Photo/Illutration Yukio Edano acknowledges the applause of fellow lawmakers after he was elected leader of the newly merged Constitutional Democratic Party of Japan on Sept. 10. (Shinnosuke Ito)

The newly formed largest opposition party has elected the same leader, retained the same name and faces the same challenge of trying to regain the public’s trust to run the government.

Yukio Edano on Sept. 10 was elected president of the Constitutional Democratic Party of Japan (CDP), easily defeating Kenta Izumi, policy chief of the old Democratic Party for the People (DPP).

Edano, 56, who headed the former CDP, received 107 votes, compared with 42 for Izumi, 46.

The merger between the CDP and the DPP to create the new party has largely been overshadowed by the resignation of Prime Minister Shinzo Abe and the ruling Liberal Democratic Party’s election to pick a new leader.

But the new CDP does have 149 Diet members, making it by far the largest opposition party, and it intends to quickly gain positive reviews.

“I will make every effort to turn our party into a viable alternative for taking over the government in the next Lower House election and have the public choose us,” Edano said after being elected to lead the merged party.

The former CDP struggled to gain ground on the ruling coalition over the past three years.

And Edano will also have to erase the public’s image of the bickering and ineffectual Democratic Party of Japan that fell from power in 2012, paving the way for Abe’s second stint as prime minister and seven years and nine months of LDP domination.

The newly merged party is in many ways a regathering of various elements of the DPJ that finally broke up three years ago.

Edano proposed CDP as the name of the new party, which received 94 votes from lawmakers. The Democratic Party, suggested by Izumi, gained 54 votes.

The new CDP will also need cooperation from other opposition parties to prepare for the next Lower House election.

Twenty-two members of the former DPP decided not to join the new opposition force. The new party only has about 200 candidates lined up for the 289 single-seat districts of the Lower House.

The new CDP will also have to change its tactics.
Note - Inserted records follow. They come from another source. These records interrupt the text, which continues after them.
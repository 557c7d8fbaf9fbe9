-- ===== src/Workflow/Register/Tests.antt =====
-- A login form, with a reference and with a plain password.
use era_ai.Prelude.{ℕ, String, ◌≡◌, refl, false, none, some, List, [], ◌∷◌, All}
use era_ai.Prelude.Int.{ℤ, pos}
use era_ai.Prelude.Results.{ok, err}
use era_ai.Core.Enums.{RiskLevel}
use era_ai.Value.{Value, str, obj, arr, Fields, end, field, nil, cons, bool, int}
use era_ai.Permission.Catalog.{ActionCatalog}
use era_ai.Security.Schema.{validate_param_schema}
use era_ai.Workflow.Definition.{
  WorkflowTarget, WorkflowParallelBlock, WorkflowStep, WorkflowDefinition,
  password_without_reference, sibling_dependency, in_two_blocks,
}
use era_ai.Workflow.Dag.Acyclic.{IsDag}
use era_ai.Workflow.Render.{render_fields}
use era_ai.Workflow.Register.{validate_parallel, validate_workflow_definition}
use era_ai.Workflow.Register.Secrets.{IsGuarded, validate_workflow_definition-IsGuarded}

abbrev float_chars : ℤ → ℕ → ℕ
float_chars m e = 3

abbrev text_of : Value → String
text_of v = "0"

abbrev password_field : WorkflowTarget
password_field = record {
  role = some "textbox";
  name = some "Password";
  tag = none;
  input_type = some "password";
  frame_id = none;
  index = none;
}

abbrev fill : String → Fields → List String → WorkflowStep
fill id params depends_on = record {
  id = id;
  action = "browser.fill";
  params = params;
  target = some password_field;
  expect = none;
  on_denied = "stop";
  outputs = [];
  depends_on = depends_on;
  condition = none;
}

abbrev login : List WorkflowStep → List WorkflowParallelBlock → WorkflowDefinition
login steps parallel = record {
  name = "login";
  version = 1;
  params_schema = end;
  steps = steps;
  parallel = parallel;
}

abbrev schema : Fields
schema = field "required" (arr (cons (str "value_ref") nil)) (
    field "properties"
      (obj (
        field "value_ref" (obj (field "type" (str "string") (field "maxLength" (int (pos 80)) end)))
          (field "element_ref" (obj (field "type" (str "string") end)) end)))
      (field "additionalProperties" (bool false) end))

abbrev catalog : ActionCatalog
catalog = record {
  specs =
      (
        "browser.fill",
        record {
          action_type = "browser.fill";
          risk_level = RiskLevel.mutating;
          capability_domain = "browser";
          secret_fields = [];
          param_schema = some schema;
        },
      )
      ∷ [];
}

abbrev guarded : WorkflowDefinition
guarded = login (fill "pw" (field "value_ref" (str "{{secret}}") end) [] ∷ []) []

guarded_passes :
    validate_workflow_definition float_chars text_of guarded catalog 50 16384 ≡ ok guarded
unfolding validate_workflow_definition render_fields
guarded_passes = refl

plain_fails :
    validate_workflow_definition float_chars text_of
      (login (fill "pw" (field "text" (str "hunter2") end) [] ∷ []) [])
      catalog
      50
      16384
    ≡ err password_without_reference
unfolding validate_workflow_definition
plain_fails = refl

validate_workflow_definition-IsGuarded_example :
    (guarded ≡ guarded) × IsDag guarded × All IsGuarded guarded.steps
validate_workflow_definition-IsGuarded_example =
    validate_workflow_definition-IsGuarded float_chars text_of guarded guarded catalog 50 16384
      guarded_passes

abbrev block : WorkflowParallelBlock
block = record { steps = "a" ∷ "b" ∷ []; depends_on = []; max_concurrency = 2 }

siblings_fail :
    validate_parallel (login (fill "a" end [] ∷ fill "b" end ("a" ∷ []) ∷ []) (block ∷ []))
    ≡ err sibling_dependency
unfolding validate_parallel
siblings_fail = refl

two_blocks_fail :
    validate_parallel (login (fill "a" end [] ∷ fill "b" end [] ∷ []) (block ∷ block ∷ []))
    ≡ err in_two_blocks
unfolding validate_parallel
two_blocks_fail = refl

unknown_param_fails :
    validate_param_schema (field "value_ref" (str "x") (field "text" (str "y") end)) (some schema)
    ≡ err "unknown parameter"
unfolding validate_param_schema
unknown_param_fails = refl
Opposition lawmakers have spent much of the past seven years criticizing Abe’s policies, including his efforts to revise the pacifist Constitution and to reinterpret it to allow for limited exercise of the right to collective self-defense.

But with Chief Cabinet Secretary Yoshihide Suga comfortably leading in the LDP’s presidential election scheduled for Sept. 14, the CDP may have to shift its focus because Suga is not as ideological as Abe.